Geschenkt ist hingegen die Kritik an der Kostensteigerung, soweit sie sich auf die Stützmauer bezieht. Wo uralte Substanz saniert wird, kommen unangenehm teure Überraschungen keineswegs überraschend. Der Fehler war, das Unvorhergesehene nicht einzukalkulieren.
Zweierlei hat dann tatsächlich überrascht. Dass trotz technischen Missgeschicks – aus dem hoffentlich Lehren gezogen werden – der Termin gehalten wurde. Und dass der Umbau der Straße so gut bekam: In den Abend- und Nachstunden nehmen die beleuchteten beidseitigen Mauerbögen der Straße das unheilvolle Dunkle. Auch tagsüber ist die Straßenschlucht heller und weiter geworden. Jetzt sind nur noch die Fassaden der privaten Häuser zu renovieren.

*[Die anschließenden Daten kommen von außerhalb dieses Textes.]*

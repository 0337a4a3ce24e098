-- ===== src/Schedules/Times.antt =====
-- When a schedule that is saved runs: crates/api/src/schedule_time.rs, routes/schedules.rs and scheduler.rs.
use shed.Prelude.{
  ◌==◌, Option-cases, ℕ, ◌<◌, String, ◌≡◌, refl, ◌∙◌, inl, inr, true, false, Option, none, some,
  List, [], ◌∷◌, map, arith, ◌>>=◌, if_cases,
}
use shed.Types.{TriggerKind, once, cron}
use shed.Scheduler.{is_due, due_schedules}
use shed.Schedules.{scheduled, recompute, recomputed_row, set_timezone, trigger_of}
use shed.Schedules.Rows.{ScheduleRow, Planner}
use shed.Schedules.NextRun.{Calendar, next_run_after, if_later, to_six_field}

-- The cron crate's next instant is after the one that it is given.
abbrev pub IsAhead : Calendar → Type 0
IsAhead c = (expr tz : String) (after t : ℕ) → c.cron_next expr tz after ≡ some t → after < t

later : (after : ℕ) (utc : Option ℕ) (t : ℕ) → (utc >>= if_later after) ≡ some t → after < t
later after none t h = cc
later after (some utc) t h = ground (arith, h)

pub next_run_after-later :
    (c : Calendar)
    → IsAhead c
    → (tz : String) (trigger : TriggerKind) (after t : ℕ)
    → next_run_after c tz trigger after ≡ some t
    → after < t
unfolding next_run_after
next_run_after-later c ahead tz (once moment) after t h =
    later after (c.parse_local moment >>= c.to_utc tz) t h
next_run_after-later c ahead tz (cron expr) after t h =
    ground (arith, h, ahead (to_six_field expr) tz after t)

-- A row whose next run is computed at `now` is not due then.
waits :
    (c : Calendar)
    → IsAhead c
    → (tz : String) (now : ℕ) (r : ScheduleRow) (trigger : TriggerKind)
    → r.next_run_at ≡ next_run_after c tz trigger now
    → is_due now (scheduled r) ≡ false
waits c ahead tz now r trigger e = elim (Option-cases (next_run_after c tz trigger now)) [
  | inl h ↦ rw (e ∙ h) (ground arith)
  | inr (t, h) ↦ rw (e ∙ h) (ground (arith, next_run_after-later c ahead tz trigger now t h))
]

recomputed_row_waits :
    (c : Calendar)
    → IsAhead c
    → (tz : String) (now : ℕ) (r : ScheduleRow)
    → is_due now (scheduled (recomputed_row c tz now r)) ≡ false
recomputed_row_waits c ahead tz now r =
    let trigger = trigger_of r.trigger_kind r.trigger_at r.trigger_cron in
    let moved = record r { next_run_at = next_run_after c tz trigger now } in
    if_cases (λ x. is_due now (scheduled x) ≡ false) (r.enabled == 1) moved r
      (λ on. waits c ahead tz now moved trigger refl) (λ off. ground (arith, off))

recomputed_waits :
    (c : Calendar)
    → IsAhead c
    → (tz : String) (now : ℕ) (rows : List ScheduleRow)
    → due_schedules now (map scheduled (recompute c tz now rows)) ≡ []
unfolding recompute due_schedules
recomputed_waits c ahead tz now [] = refl
recomputed_waits c ahead tz now (r ∷ rows) =
    ground (arith, recomputed_row_waits c ahead tz now r, recomputed_waits c ahead tz now rows)

ids-recompute :
    (c : Calendar) (tz : String) (now : ℕ) (rows : List ScheduleRow)
    → map (λ r. r.id) (recompute c tz now rows) ≡ map (λ r. r.id) rows
unfolding recompute
ids-recompute c tz now [] = refl
ids-recompute c tz now (r ∷ rows) = ground (arith, ids-recompute c tz now rows)

enabled-recompute :
    (c : Calendar) (tz : String) (now : ℕ) (rows : List ScheduleRow)
    → map (λ r. r.enabled) (recompute c tz now rows) ≡ map (λ r. r.enabled) rows
unfolding recompute
enabled-recompute c tz now [] = refl
enabled-recompute c tz now (r ∷ rows) = ground (arith, enabled-recompute c tz now rows)

-- A change of the time zone leaves no schedule due: every enabled row gets a next run that is later than the change, or none.
-- So a run that has come due, and that the scheduler has not handled yet, is passed over, and it stays as enabled
-- as it was. The zone is known, and the cron crate's next instants are later.
pub new_timezone_passes_over_due :
    (c : Calendar)
    → IsAhead c
    → (now : ℕ) (timezone : String) (p : Planner) → c.zone_known timezone ≡ true
    → let p' = (set_timezone c now timezone p).1 in
      (due_schedules now (map scheduled p'.schedules) ≡ [])
      × (map (λ r. r.id) p'.schedules ≡ map (λ r. r.id) p.schedules)
      × (map (λ r. r.enabled) p'.schedules ≡ map (λ r. r.enabled) p.schedules)
unfolding set_timezone
new_timezone_passes_over_due c ahead now timezone p known = rw known (
  recomputed_waits c ahead timezone now p.schedules,
  ids-recompute c timezone now p.schedules,
  enabled-recompute c timezone now p.schedules,
)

In der „Mittwochspalte“ vor Weihnachten nannte der WUT-Stadtrat Jürgen Höritzer die neue Mühlstraße „ein gelungenes Weihnachtsgeschenk“ für den Einzelhandel. Die Straße sei „ein Hingucker“ geworden und locke „ungezählte, kauffreudige Menschen in die Innenstadt“.
Und was soll nun aus diesem unverhofften Schmuckstück werden? Der Facharzt und vormalige Stadtrat Dr. Uwe Heldmaier lotet seit etlichen Monaten auf einer Internetseite (www.basisdemokratie.info) die lokale öffentliche Meinung aus. Ob die Mühlstraße „vollständig für den Individualverkehr gesperrt“ werden soll, ist seit langem die am häufigsten beantwortete Frage. Das Ergebnis ist ebenso so lange klar und deutlich: Zwei Drittel aller Antwortenden sagen stets „ja, ich stimme zu“.